**TASK INPUT**
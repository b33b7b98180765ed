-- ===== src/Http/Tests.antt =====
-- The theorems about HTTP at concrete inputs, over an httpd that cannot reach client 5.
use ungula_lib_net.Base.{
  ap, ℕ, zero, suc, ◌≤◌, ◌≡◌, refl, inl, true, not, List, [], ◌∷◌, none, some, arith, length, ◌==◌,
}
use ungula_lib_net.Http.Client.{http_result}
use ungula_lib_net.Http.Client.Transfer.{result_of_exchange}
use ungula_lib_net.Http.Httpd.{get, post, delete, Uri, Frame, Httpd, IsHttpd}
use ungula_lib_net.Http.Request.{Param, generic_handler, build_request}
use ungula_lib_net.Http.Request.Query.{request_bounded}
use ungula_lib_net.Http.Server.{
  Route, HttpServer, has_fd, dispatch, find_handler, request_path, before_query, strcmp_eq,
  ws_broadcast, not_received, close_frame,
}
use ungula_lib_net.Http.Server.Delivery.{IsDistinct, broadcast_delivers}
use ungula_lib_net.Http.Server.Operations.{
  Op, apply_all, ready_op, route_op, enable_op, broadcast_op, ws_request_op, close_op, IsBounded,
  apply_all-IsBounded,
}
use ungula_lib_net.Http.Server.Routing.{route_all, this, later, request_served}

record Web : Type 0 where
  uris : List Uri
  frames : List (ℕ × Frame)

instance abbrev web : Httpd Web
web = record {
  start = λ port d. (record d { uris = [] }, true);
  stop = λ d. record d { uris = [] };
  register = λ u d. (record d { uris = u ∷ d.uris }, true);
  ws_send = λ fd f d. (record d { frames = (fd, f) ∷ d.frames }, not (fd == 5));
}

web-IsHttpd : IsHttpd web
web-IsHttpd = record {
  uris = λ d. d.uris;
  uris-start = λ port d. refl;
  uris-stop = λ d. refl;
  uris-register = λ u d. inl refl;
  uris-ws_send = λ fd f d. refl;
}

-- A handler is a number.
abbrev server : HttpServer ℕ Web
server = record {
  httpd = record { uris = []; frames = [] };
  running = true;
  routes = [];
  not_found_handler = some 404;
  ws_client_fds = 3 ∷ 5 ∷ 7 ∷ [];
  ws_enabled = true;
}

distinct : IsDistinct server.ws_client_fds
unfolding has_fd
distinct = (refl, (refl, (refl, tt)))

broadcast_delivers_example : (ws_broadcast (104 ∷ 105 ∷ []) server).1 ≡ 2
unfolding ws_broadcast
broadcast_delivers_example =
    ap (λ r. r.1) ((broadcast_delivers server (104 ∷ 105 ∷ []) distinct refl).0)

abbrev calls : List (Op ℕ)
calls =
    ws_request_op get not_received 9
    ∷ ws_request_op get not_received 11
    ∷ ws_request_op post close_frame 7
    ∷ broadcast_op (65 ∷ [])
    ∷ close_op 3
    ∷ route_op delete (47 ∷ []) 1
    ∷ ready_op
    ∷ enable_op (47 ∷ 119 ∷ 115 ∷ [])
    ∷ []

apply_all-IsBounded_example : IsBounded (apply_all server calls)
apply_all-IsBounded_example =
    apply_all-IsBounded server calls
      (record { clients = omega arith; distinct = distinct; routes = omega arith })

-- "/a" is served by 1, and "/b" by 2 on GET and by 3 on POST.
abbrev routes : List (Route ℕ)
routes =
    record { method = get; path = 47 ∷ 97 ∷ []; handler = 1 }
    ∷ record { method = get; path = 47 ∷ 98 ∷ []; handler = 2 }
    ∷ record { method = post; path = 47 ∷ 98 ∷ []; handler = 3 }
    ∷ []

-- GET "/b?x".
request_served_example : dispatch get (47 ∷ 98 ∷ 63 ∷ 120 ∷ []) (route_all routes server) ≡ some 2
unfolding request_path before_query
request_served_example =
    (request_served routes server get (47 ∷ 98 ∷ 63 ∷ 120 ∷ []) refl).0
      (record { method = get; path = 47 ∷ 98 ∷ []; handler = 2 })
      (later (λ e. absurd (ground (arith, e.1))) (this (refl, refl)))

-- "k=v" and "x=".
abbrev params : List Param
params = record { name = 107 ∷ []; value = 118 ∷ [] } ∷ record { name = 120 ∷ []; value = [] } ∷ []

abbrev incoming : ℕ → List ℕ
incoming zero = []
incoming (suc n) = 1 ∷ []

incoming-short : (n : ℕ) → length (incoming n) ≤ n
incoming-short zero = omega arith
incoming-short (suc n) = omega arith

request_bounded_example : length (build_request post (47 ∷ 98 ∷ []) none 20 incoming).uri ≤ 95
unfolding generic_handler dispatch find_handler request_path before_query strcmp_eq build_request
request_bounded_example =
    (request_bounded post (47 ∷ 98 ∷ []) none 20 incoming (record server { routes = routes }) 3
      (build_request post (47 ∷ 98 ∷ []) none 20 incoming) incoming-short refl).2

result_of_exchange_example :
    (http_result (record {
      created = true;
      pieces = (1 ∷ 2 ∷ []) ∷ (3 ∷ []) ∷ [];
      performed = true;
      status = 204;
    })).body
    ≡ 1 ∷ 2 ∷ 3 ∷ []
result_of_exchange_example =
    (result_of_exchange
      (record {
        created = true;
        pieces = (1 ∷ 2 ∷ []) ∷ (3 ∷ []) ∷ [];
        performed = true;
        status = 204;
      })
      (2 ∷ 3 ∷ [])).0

**WHAT YOU WILL DO**
Transcribe each record exactly as it is written above.

**RESULT BELOW**
repository b33b7b98180765ed
-- ===== src/Http/Tests.antt =====
-- The theorems about HTTP at concrete inputs, over an httpd that cannot reach client 5.
use ungula_lib_net.Base.{
  ap, ℕ, zero, suc, ◌≤◌, ◌≡◌, refl, inl, true, not, List, [], ◌∷◌, none, some, arith, length, ◌==◌,
}
use ungula_lib_net.Http.Client.{http_result}
use ungula_lib_net.Http.Client.Transfer.{result_of_exchange}
use ungula_lib_net.Http.Httpd.{get, post, delete, Uri, Frame, Httpd, IsHttpd}
use ungula_lib_net.Http.Request.{Param, generic_handler, build_request}
use ungula_lib_net.Http.Request.Query.{request_bounded}
use ungula_lib_net.Http.Server.{
  Route, HttpServer, has_fd, dispatch, find_handler, request_path, before_query, strcmp_eq,
  ws_broadcast, not_received, close_frame,
}
use ungula_lib_net.Http.Server.Delivery.{IsDistinct, broadcast_delivers}
use ungula_lib_net.Http.Server.Operations.{
  Op, apply_all, ready_op, route_op, enable_op, broadcast_op, ws_request_op, close_op, IsBounded,
  apply_all-IsBounded,
}
use ungula_lib_net.Http.Server.Routing.{route_all, this, later, request_served}

record Web : Type 0 where
  uris : List Uri
  frames : List (ℕ × Frame)

instance abbrev web : Httpd Web
web = record {
  start = λ port d. (record d { uris = [] }, true);
  stop = λ d. record d { uris = [] };
  register = λ u d. (record d { uris = u ∷ d.uris }, true);
  ws_send = λ fd f d. (record d { frames = (fd, f) ∷ d.frames }, not (fd == 5));
}

web-IsHttpd : IsHttpd web
web-IsHttpd = record {
  uris = λ d. d.uris;
  uris-start = λ port d. refl;
  uris-stop = λ d. refl;
  uris-register = λ u d. inl refl;
  uris-ws_send = λ fd f d. refl;
}

-- A handler is a number.
abbrev server : HttpServer ℕ Web
server = record {
  httpd = record { uris = []; frames = [] };
  running = true;
  routes = [];
  not_found_handler = some 404;
  ws_client_fds = 3 ∷ 5 ∷ 7 ∷ [];
  ws_enabled = true;
}

distinct : IsDistinct server.ws_client_fds
unfolding has_fd
distinct = (refl, (refl, (refl, tt)))

broadcast_delivers_example : (ws_broadcast (104 ∷ 105 ∷ []) server).1 ≡ 2
unfolding ws_broadcast
broadcast_delivers_example =
    ap (λ r. r.1) ((broadcast_delivers server (104 ∷ 105 ∷ []) distinct refl).0)

abbrev calls : List (Op ℕ)
calls =
    ws_request_op get not_received 9
    ∷ ws_request_op get not_received 11
    ∷ ws_request_op post close_frame 7
    ∷ broadcast_op (65 ∷ [])
    ∷ close_op 3
    ∷ route_op delete (47 ∷ []) 1
    ∷ ready_op
    ∷ enable_op (47 ∷ 119 ∷ 115 ∷ [])
    ∷ []

apply_all-IsBounded_example : IsBounded (apply_all server calls)
apply_all-IsBounded_example =
    apply_all-IsBounded server calls
      (record { clients = omega arith; distinct = distinct; routes = omega arith })

-- "/a" is served by 1, and "/b" by 2 on GET and by 3 on POST.
abbrev routes : List (Route ℕ)
routes =
    record { method = get; path = 47 ∷ 97 ∷ []; handler = 1 }
    ∷ record { method = get; path = 47 ∷ 98 ∷ []; handler = 2 }
    ∷ record { method = post; path = 47 ∷ 98 ∷ []; handler = 3 }
    ∷ []

-- GET "/b?x".
request_served_example : dispatch get (47 ∷ 98 ∷ 63 ∷ 120 ∷ []) (route_all routes server) ≡ some 2
unfolding request_path before_query
request_served_example =
    (request_served routes server get (47 ∷ 98 ∷ 63 ∷ 120 ∷ []) refl).0
      (record { method = get; path = 47 ∷ 98 ∷ []; handler = 2 })
      (later (λ e. absurd (ground (arith, e.1))) (this (refl, refl)))

-- "k=v" and "x=".
abbrev params : List Param
params = record { name = 107 ∷ []; value = 118 ∷ [] } ∷ record { name = 120 ∷ []; value = [] } ∷ []

abbrev incoming : ℕ → List ℕ
incoming zero = []
incoming (suc n) = 1 ∷ []

incoming-short : (n : ℕ) → length (incoming n) ≤ n
incoming-short zero = omega arith
incoming-short (suc n) = omega arith

request_bounded_example : length (build_request post (47 ∷ 98 ∷ []) none 20 incoming).uri ≤ 95
unfolding generic_handler dispatch find_handler request_path before_query strcmp_eq build_request
request_bounded_example =
    (request_bounded post (47 ∷ 98 ∷ []) none 20 incoming (record server { routes = routes }) 3
      (build_request post (47 ∷ 98 ∷ []) none 20 incoming) incoming-short refl).2

result_of_exchange_example :
    (http_result (record {
      created = true;
      pieces = (1 ∷ 2 ∷ []) ∷ (3 ∷ []) ∷ [];
      performed = true;
      status = 204;
    })).body
    ≡ 1 ∷ 2 ∷ 3 ∷ []
result_of_exchange_example =
    (result_of_exchange
      (record {
        created = true;
        pieces = (1 ∷ 2 ∷ []) ∷ (3 ∷ []) ∷ [];
        performed = true;
        status = 204;
      })
      (2 ∷ 3 ∷ [])).0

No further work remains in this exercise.